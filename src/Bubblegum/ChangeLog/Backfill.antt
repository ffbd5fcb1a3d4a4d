-- ===== src/Bubblegum/ChangeLog/Backfill.antt =====
-- What saving a change log does to the tables of trees as a whole.
use mathlib.Core.List.{Memᴰ}
use digital_asset_rpc_infras.Base.{
  ℕ, ◌+◌, ◌≡◌, refl, ap, sym, subst, ◌∙◌, true, false, not, ◌&&◌, Option, none, some, List, [], ◌∷◌,
  ◌++◌, String, ltb, arith, if◌then◌else◌, length, inl, inr,
}
use digital_asset_rpc_infras.Base.Int.{ℤ, sub_ℕ, eqb_ℤ, as_i64}
use digital_asset_rpc_infras.Base.Reorder.{run}
use digital_asset_rpc_infras.Db.Table.{find, nat_key, pair_key}
use digital_asset_rpc_infras.Db.Schema.{BackfillItem, Db, TreeTables}
use digital_asset_rpc_infras.Db.Session.{
  Exec, Session, Error, ok, err, pure, raise, query, execute, execute_trees, ignore_error,
  storage_write_error, ◌>>=◌, ◌>>◌,
}
use digital_asset_rpc_infras.Db.Session.Backfill.{
  KeepsBackfill, KeepsBackfill-pure, KeepsBackfill-execute, KeepsBackfill-bind,
}
use digital_asset_rpc_infras.Db.Session.Inversion.{bind-ok, bind-err}
use digital_asset_rpc_infras.Bubblegum.Event.{PathNode, ChangeLogEventV1, Externals}
use digital_asset_rpc_infras.Bubblegum.ChangeLog.{
  upsert_node, insert_nodes, insert_audit, has_tree, insert_backfill, add_backfill, decode_tx,
  insert_change_log,
}
use digital_asset_rpc_infras.Bubblegum.ChangeLog.Nodes.{
  write_node, nodes_from, insert_nodes-ok, nodes-KeepsBackfill, path_covered, HasSeq,
}

-- The row that asks the backfiller to look at the tree.
abbrev pub backfill_row : ChangeLogEventV1 → ℕ → List BackfillItem → BackfillItem
backfill_row e slot known = record {
  tree = e.id;
  seq = as_i64 e.seq;
  slot = as_i64 slot;
  force_chk = not (has_tree e.id known) && ltb 1 e.seq;
  backfilled = false;
  failed = false;
  locked = false;
}

query-ok :
    {A : Type 0} (w : String → Error) (f : Db → A) (s : Session) (a : A)
    → (query w f s).0 ≡ ok a
    → (a ≡ f s.db) × ((query w f s).1.db ≡ s.db)
unfolding query
query-ok w f s a h = ground arith

query-keeps :
    {A : Type 0} (w : String → Error) (f : Db → A) (s : Session) → (query w f s).1.db ≡ s.db
unfolding query
query-keeps w f s = ground arith

-- The row is added, and no other table of trees changes.
add_backfill-ok :
    (e : ChangeLogEventV1) (slot : ℕ) (s : Session)
    → (add_backfill e slot s).0 ≡ ok tt
    → ((add_backfill e slot s).1.db.trees.backfill_items
        ≡ s.db.trees.backfill_items ++ backfill_row e slot s.db.trees.backfill_items ∷ [])
      × ((add_backfill e slot s).1.db.trees.cl_items ≡ s.db.trees.cl_items)
unfolding add_backfill insert_backfill query execute ◌>>=◌
add_backfill-ok e slot s h = ground arith

add_backfill-err :
    (e : ChangeLogEventV1) (slot : ℕ) (s : Session) (x : Error)
    → (add_backfill e slot s).0 ≡ err x
    → (add_backfill e slot s).1.db.trees.backfill_items ≡ s.db.trees.backfill_items
unfolding add_backfill insert_backfill query execute ◌>>=◌
add_backfill-err e slot s x h = ground arith

audit-keeps :
    (e : ChangeLogEventV1) (tx : List ℕ) (instruction : String) (s : Session)
    → let t =
        (ignore_error (execute_trees storage_write_error (insert_audit e tx instruction)) s).1 in
      (t.db.trees.backfill_items ≡ s.db.trees.backfill_items)
      × (t.db.trees.cl_items ≡ s.db.trees.cl_items)
unfolding ignore_error execute insert_audit
audit-keeps e tx instruction s = ground arith

decode_tx-keeps : (o : Option (List ℕ)) (s : Session) → (decode_tx o s).1 ≡ s
unfolding decode_tx raise pure
decode_tx-keeps none s = refl
decode_tx-keeps (some tx) s = refl

same_test : (n : ℤ) → eqb_ℤ n n ≡ true
same_test n = ground arith

module _ (x : Externals) (e : ChangeLogEventV1) (slot : ℕ) (txn_id instruction : String) where
  -- The statements after the nodes, after the transaction id and after the audit row.
  abbrev at_end : ℕ → Exec (Unit {0})
  at_end i = if eqb_ℤ (sub_ℕ i 1) (sub_ℕ (length e.path) 1) then add_backfill e slot else pure tt

  abbrev audit : List ℕ → Exec (Unit {0})
  audit tx = ignore_error (execute_trees storage_write_error (insert_audit e tx instruction))

  abbrev after_tx : ℕ → List ℕ → Exec (Unit {0})
  after_tx i tx = audit tx >> at_end i

  abbrev after_nodes : ℕ → Exec (Unit {0})
  after_nodes i = decode_tx (x.bs58_decode txn_id) >>= after_tx i

  at_end_is : (i : ℕ) → i ≡ 0 + length e.path → at_end i ≡ add_backfill e slot
  at_end_is i h = let eq : i ≡ length e.path = omega arith in rw (eq, same_test)

  -- The session in which the backfill row is added.
  reaches_end :
      (s : Session)
      → (insert_change_log x e slot txn_id instruction s).0 ≡ ok tt
      → (t : Session) × (insert_change_log x e slot txn_id instruction s ≡ add_backfill e slot t)
        × (t.db.trees.cl_items ≡ (run write_node (nodes_from e 0 e.path) s.db.trees).cl_items)
        × (t.db.trees.backfill_items ≡ s.db.trees.backfill_items)
  unfolding insert_change_log
  reaches_end s h =
      let (n, h1, same1) = bind-ok (insert_nodes e 0 e.path) after_nodes s tt h in
      let (count, trees1) = insert_nodes-ok e 0 e.path s n h1 in
      let s1 = (insert_nodes e 0 e.path s).1 in
      let (tx, h2, same2) =
        bind-ok (decode_tx (x.bs58_decode txn_id)) (after_tx n) s1 tt
          (sym (ap (λ r. r.0) same1) ∙ h) in
      let s2 = (decode_tx (x.bs58_decode txn_id) s1).1 in
      let (u, h3, same3) =
        bind-ok (audit tx) (λ _. at_end n) s2 tt (sym (ap (λ r. r.0) (same1 ∙ same2)) ∙ h) in
      let kept = audit-keeps e tx instruction s2 in
      let s3 = (audit tx s2).1 in
      let s2_is = decode_tx-keeps (x.bs58_decode txn_id) s1 in
      (
        s3,
        same1 ∙ same2 ∙ same3 ∙ ap (λ (m : Exec (Unit {0})). m s3) (at_end_is n count),
        kept.1
            ∙ ap (λ (z : Session). z.db.trees.cl_items) s2_is
            ∙ ap (λ (z : TreeTables). z.cl_items) trees1,
        kept.0
            ∙ ap (λ (z : Session). z.db.trees.backfill_items) s2_is
            ∙ ap (λ (z : TreeTables). z.backfill_items) trees1
            ∙ nodes-KeepsBackfill (nodes_from e 0 e.path) s.db.trees,
      )

  -- If saving a change log succeeds, one row is added to `backfill_items`: it asks for a check of the
  -- tree exactly if the tree had no row and the sequence number is above 1.
  pub saved_asks_backfill :
      (s : Session)
      → (insert_change_log x e slot txn_id instruction s).0 ≡ ok tt
      → (insert_change_log x e slot txn_id instruction s).1.db.trees.backfill_items
        ≡ s.db.trees.backfill_items ++ backfill_row e slot s.db.trees.backfill_items ∷ []
  saved_asks_backfill s h =
      let (t, same, nodes, items) = reaches_end s h in
      let added = add_backfill-ok e slot t (sym (ap (λ r. r.0) same) ∙ h) in
      ap (λ r. r.1.db.trees.backfill_items) same
      ∙ added.0
      ∙ ap (λ l. l ++ backfill_row e slot l ∷ []) items

  -- If saving a change log succeeds, every node of its path has a row in `cl_items` that is at least as
  -- new as the change log.
  pub saved_has_path :
      {p : PathNode} (s : Session)
      → (insert_change_log x e slot txn_id instruction s).0 ≡ ok tt
      → Memᴰ p e.path
      → HasSeq
          (e.id, p.index)
          (as_i64 e.seq)
          (find
            (e.id, p.index)
            (insert_change_log x e slot txn_id instruction s).1.db.trees.cl_items)
  saved_has_path {p} s h m =
      let (t, same, nodes, items) = reaches_end s h in
      let added = add_backfill-ok e slot t (sym (ap (λ r. r.0) same) ∙ h) in
      subst (λ z. HasSeq (e.id, p.index) (as_i64 e.seq) (find (e.id, p.index) z))
        (sym (ap (λ r. r.1.db.trees.cl_items) same ∙ added.1 ∙ nodes))
        (path_covered e 0 s.db.trees m)

  insert_nodes-KeepsBackfill : (i : ℕ) (ps : List PathNode) → KeepsBackfill (insert_nodes e i ps)
  unfolding insert_nodes upsert_node
  insert_nodes-KeepsBackfill i [] = KeepsBackfill-pure i
  insert_nodes-KeepsBackfill i (p ∷ ps) =
      KeepsBackfill-bind (KeepsBackfill-execute _ _ (λ t. refl))
        (λ _. insert_nodes-KeepsBackfill (i + 1) ps)

  at_end-err :
      (i : ℕ) (s : Session) (y : Error)
      → (at_end i s).0 ≡ err y
      → (at_end i s).1.db.trees.backfill_items ≡ s.db.trees.backfill_items
  unfolding pure
  at_end-err i s y h = ground (arith, add_backfill-err e slot s y)

  after_tx-err :
      (i : ℕ) (tx : List ℕ) (s : Session) (y : Error)
      → (after_tx i tx s).0 ≡ err y
      → (after_tx i tx s).1.db.trees.backfill_items ≡ s.db.trees.backfill_items
  unfolding ◌>>=◌ ignore_error
  after_tx-err i tx s y h = at_end-err i (audit tx s).1 y h ∙ (audit-keeps e tx instruction s).0

  after_nodes-err :
      (i : ℕ) (s : Session) (y : Error)
      → (after_nodes i s).0 ≡ err y
      → (after_nodes i s).1.db.trees.backfill_items ≡ s.db.trees.backfill_items
  after_nodes-err i s y h =
      let o = x.bs58_decode txn_id in
      elim (bind-err (decode_tx o) (after_tx i) s y h) [
        | inl p ↦ ap (λ (z : Session). z.db.trees.backfill_items) (p.1 ∙ decode_tx-keeps o s)
        | inr (tx, h1, same) ↦
            ap (λ r. r.1.db.trees.backfill_items) same
            ∙ after_tx-err i tx (decode_tx o s).1 y (sym (ap (λ r. r.0) same) ∙ h)
            ∙ ap (λ (z : Session). z.db.trees.backfill_items) (decode_tx-keeps o s)
      ]

  -- If saving a change log fails, no row is added to `backfill_items`, whichever nodes were written:
  -- the backfiller will find a gap.
  pub failed_leaves_gap :
      (s : Session) (y : Error)
      → (insert_change_log x e slot txn_id instruction s).0 ≡ err y
      → (insert_change_log x e slot txn_id instruction s).1.db.trees.backfill_items
        ≡ s.db.trees.backfill_items
  unfolding insert_change_log
  failed_leaves_gap s y h =
      let kept = (insert_nodes-KeepsBackfill 0 e.path).items s in
      elim (bind-err (insert_nodes e 0 e.path) after_nodes s y h) [
        | inl p ↦ ap (λ (z : Session). z.db.trees.backfill_items) p.1 ∙ kept
        | inr (n, h1, same) ↦
            ap (λ r. r.1.db.trees.backfill_items) same
            ∙ after_nodes-err n (insert_nodes e 0 e.path s).1 y (sym (ap (λ r. r.0) same) ∙ h)
            ∙ kept
      ]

◇ ◇ ◇ ◇

Taking the lines above, repeat exactly those from the line that contains "after_tx-err i tx s" through the line that contains "-- If saving a change log fails, no", and both of those lines as well. Include nothing else.

▸ Exercise result:
  after_tx-err i tx s y h = at_end-err i (audit tx s).1 y h ∙ (audit-keeps e tx instruction s).0

  after_nodes-err :
      (i : ℕ) (s : Session) (y : Error)
      → (after_nodes i s).0 ≡ err y
      → (after_nodes i s).1.db.trees.backfill_items ≡ s.db.trees.backfill_items
  after_nodes-err i s y h =
      let o = x.bs58_decode txn_id in
      elim (bind-err (decode_tx o) (after_tx i) s y h) [
        | inl p ↦ ap (λ (z : Session). z.db.trees.backfill_items) (p.1 ∙ decode_tx-keeps o s)
        | inr (tx, h1, same) ↦
            ap (λ r. r.1.db.trees.backfill_items) same
            ∙ after_tx-err i tx (decode_tx o s).1 y (sym (ap (λ r. r.0) same) ∙ h)
            ∙ ap (λ (z : Session). z.db.trees.backfill_items) (decode_tx-keeps o s)
      ]

  -- If saving a change log fails, no row is added to `backfill_items`, whichever nodes were written:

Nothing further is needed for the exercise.